Originally posted on Kool Aid Served Daily
Copyright (C) 2009, Kool Aid Served Daily
First real test of kspe!

So, I started off a test run with the kspe. It allows me to decide which datasets are going to be used in a layout. (see my slides from Oklahoma City OpenSolaris User Group (OKCOSUG) presentation). I set up a simple set of npools and policies:

[root@pnfs-17-24 /etc]> more npools.spe 
pool17 pnfs-17-22:pnfs1/ds1 pnfs-17-23:pnfs1/ds3 pnfs-17-22:pnfs2/ds2 pnfs-17-23
:pnfs2/ds4 pnfs-17-23:pnfs1/ds7 pnfs-17-22:pnfs1/ds8
pool4 pnfs-4-01:pnfs1/ds4 pnfs-4-01:pnfs2/ds5 pnfs-4-01:pnfs2/d9 pnfs-4-01:pnfs1
/ds10
[root@pnfs-17-24 /etc]> more policies.spe 
1000, 4, 4k, pool17, ext == c
2000, 8, 1k, pool17:pool4, path == /pnfs1
3000, 3, 8k, pool4:pool17, path == /pnfs2

Note that a dataset identifier is a combination of host name and the zfs filesystem. I wrote the code and I still struggle with this is not a path name, it is a zfs name. I.e., it is not ':/' as a connector. 'pnfs2/ds2' is the zfs name and not '/pnfs2/ds2'!

And struggled a bit to load them, until I found my kspe implementation notes.

And right off the bat, I see my policies are not matching and I've got a core!

[root@pnfs-4-02 ~]> cp 1234.32k.raw /pnfs/pnfs-17-24/pnfs1/nfs41/spe_1234.32k.raw.txt

yields

[root@pnfs-17-24 ~]> rc = 0, eval = 0, id = 1000
rc = 0, eval = 1, id = 2000
WARNING: spe: 1000 8 

panic[cpu1]/thread=ffffff01d74bf4e0: BAD TRAP: type=e (#pf Page fault) rp=ffffff0008162d70 addr=0 occurred in module "nfssrv" due to a NULL pointer dereference
...
[1]> $c
kmdb_enter+0xb()
...
nfssrv`mds_layout_hash+0x19(ffffff0008162fe0)
...
[1]> ffffff0008162fe0::print layout_core_t
{
    lc_stripe_unit = 0x3e8
    lc_stripe_count = 0x8
    lc_mds_sids = 0
}

Which tells me that the kspe code did not generate a mds_sid array. Again, no problem, I just wrote that code last week and this is the first test of it!

So the bug was a stupid error:

                        return (mds_sids ? 0 : ENOENT);
versus
                        return (*mds_sids ? 0 : ENOENT);

Success was being returned with an empty array of mds_sids. There is still a bug, we should be finding matches, but at least it is not so nasty.

The bug is that these comparisons are failing:

Jul 27 01:37:45 pnfs-17-24 nfssrv: Comparing policy npool |pool17| at 7 to global |pool17| at 7
Jul 27 01:37:45 pnfs-17-24 nfssrv: Comparing policy npool |pool17| at 7 to global |pool4| at 6
Jul 27 01:37:45 pnfs-17-24 nfssrv: Comparing policy npool |pool4| at 6 to global |pool17| at 7
Jul 27 01:37:45 pnfs-17-24 nfssrv: Comparing policy npool |pool4| at 6 to global |pool4| at 6
Jul 27 01:37:45 pnfs-17-24 nfssrv: spe_map_npools_to_mds_sids: No matching npools!

The first and last should match.
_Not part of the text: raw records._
-- ===== src/Sink/Tests.antt =====
-- src/sink.hpp and src/sink.cpp on a sink of twenty bytes, in chunks of four.
use neptools.Prelude.{◌≡◌, refl, List, [], ◌∷◌, ◌-◌, arith, replicate, drop, min, inl}
use neptools.Prelude.Bytes.{Bytes}
use neptools.Prelude.Result.{ok, ◌>>=◌}
use neptools.Sink.{tell as sink_tell, Sink, new_sink, flush, write, pad}
use neptools.Sink.Writes.{IsSink, Wrote, output, flush-output, write-Wrote}
use neptools.Sink.Pads.{padded, pad-Wrote}
use neptools.Sink.Mapped.{Mapped, tell, mmap_sink, memory_sink, mmap_write, mmap_pad, memory_write}
use neptools.Sink.Mapped.Holds.{Holds, Puts}
use neptools.Sink.Mapped.Writes.{mmap_write-Puts}
use neptools.Sink.Mapped.Pads.{Padded, surplus, left_over, mmap_pad-Padded}
use neptools.Sink.Same.{joined, write_all, flushed, sinks-same}

abbrev six_written : Sink
six_written = record { written = 1 ∷ 2 ∷ 3 ∷ 4 ∷ []; buf = 5 ∷ 6 ∷ []; offset = 4; size = 20 }

six_written-IsSink : IsSink 4 six_written
six_written-IsSink = record {
  room = omega arith;
  place = refl;
  bounded = omega arith;
  fits = omega arith;
}

flush-output_example :
    IsSink 4 (flush six_written)
    × ((flush six_written).written ≡ output six_written)
    × ((flush six_written).buf ≡ [])
    × ((flush six_written).size ≡ six_written.size)
    × (sink_tell (flush six_written) ≡ sink_tell six_written)
flush-output_example = flush-output 4 six_written six_written-IsSink

write-Wrote_example : Wrote 4 six_written (7 ∷ 8 ∷ 9 ∷ []) (write 4 (7 ∷ 8 ∷ 9 ∷ []) six_written)
write-Wrote_example = write-Wrote 4 (7 ∷ 8 ∷ 9 ∷ []) six_written six_written-IsSink (omega arith)

pad-Wrote_example :
    Wrote 4 six_written (replicate (padded 4 (omega arith) 6 six_written) 0) (pad 4 6 six_written)
pad-Wrote_example = pad-Wrote 4 (omega arith) 6 six_written six_written-IsSink (omega arith)

-- The first map of a file of twenty bytes, in chunks of four.
abbrev first_map : Mapped
first_map = mmap_sink 8 4 20

first_map-Holds : Holds 4 first_map [] (replicate 20 0)
unfolding mmap_sink
first_map-Holds = record {
  parts = refl;
  whole = refl;
  bounded = omega arith;
  place = refl;
  room = omega arith;
  map = inl (omega arith, inl refl);
}

mmap_write-Puts_example :
    Puts 4
      (1 ∷ 2 ∷ 3 ∷ 4 ∷ 5 ∷ 6 ∷ 7 ∷ 8 ∷ 9 ∷ [])
      (drop 9 (replicate 20 0))
      (mmap_write 4 (1 ∷ 2 ∷ 3 ∷ 4 ∷ 5 ∷ 6 ∷ 7 ∷ 8 ∷ 9 ∷ []) first_map)
mmap_write-Puts_example =
    mmap_write-Puts 4 first_map [] (1 ∷ 2 ∷ 3 ∷ 4 ∷ 5 ∷ 6 ∷ 7 ∷ 8 ∷ 9 ∷ []) (replicate 20 0)
      (omega arith) first_map-Holds (omega arith)

mmap_pad-Padded_example :
    Padded 4 [] 20 20
      (surplus 4 (20 - min 20 (first_map.buf_size - first_map.buf_put)) (left_over 20 first_map))
      (mmap_pad 4 20 first_map)
mmap_pad-Padded_example =
    mmap_pad-Padded 4 (omega arith) first_map [] 20 20 first_map-Holds (omega arith)

-- The last position of the file is past it.
told_past_end : (mmap_pad 4 20 first_map >>= λ t. ok (tell t)) ≡ ok 24
unfolding mmap_pad mmap_sink
told_past_end = refl

abbrev three_blocks : List Bytes
three_blocks = (1 ∷ 2 ∷ 3 ∷ []) ∷ (4 ∷ 5 ∷ 6 ∷ 7 ∷ 8 ∷ 9 ∷ 10 ∷ 11 ∷ 12 ∷ []) ∷ (13 ∷ []) ∷ []

sinks-same_example :
    ((write_all (write 2) three_blocks (new_sink 13) >>= λ t. ok (flushed t))
      ≡ ok (joined three_blocks))
    × ((write_all (mmap_write 4) three_blocks (mmap_sink 8 4 13) >>= λ t. ok t.file)
        ≡ ok (joined three_blocks))
    × ((write_all memory_write three_blocks (memory_sink (replicate 13 7)) >>= λ t. ok t.file)
        ≡ ok (joined three_blocks))
sinks-same_example =
    sinks-same 2 8 4 13 (replicate 13 7) three_blocks (omega arith) (omega arith) (omega arith) refl
      refl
Ah, they do (as shown by additional debug logic), which shows me barking up a wrong tree!

D'oh! I found it! If we look at this code:

spe_map_npools_to_mds_sids(kspe_state_t *kspe, spe_policy *sp,
...
        spe_npool       *sn;
        spe_npool       *np;

        /*
         * For each npool in the policy, find it in the
         * list of npools, and start assigning datasets.
         */
        for (sn = sp->sp_npools; sn != NULL; sn = sn->next) {
                for (np = kspe->ks_npools; np; np = np->next) {
                        cmp = utf8_compare(&np->sn_name, &sn->sn_name);
                        if (cmp == 0) {
                                /*
                                 * Now we fill in entries in the *mds_sids
                                 * array.
                                 */
                                for (ss = sn->sn_dses; ss; ss = ss->next) {

We see I was lazy in assuming that sn and np were the same thing. Note that they are the same type of object, but the sn points to the npools in the policy and np points to the npools in the global list. The point is that a npool can be in multiple policies. So rather than store the list of datasets in the policies (which is a nightmare for updating) or pointers to npools in the policies (which sounds good and I can't remember why not!) we store the datasets in the global list.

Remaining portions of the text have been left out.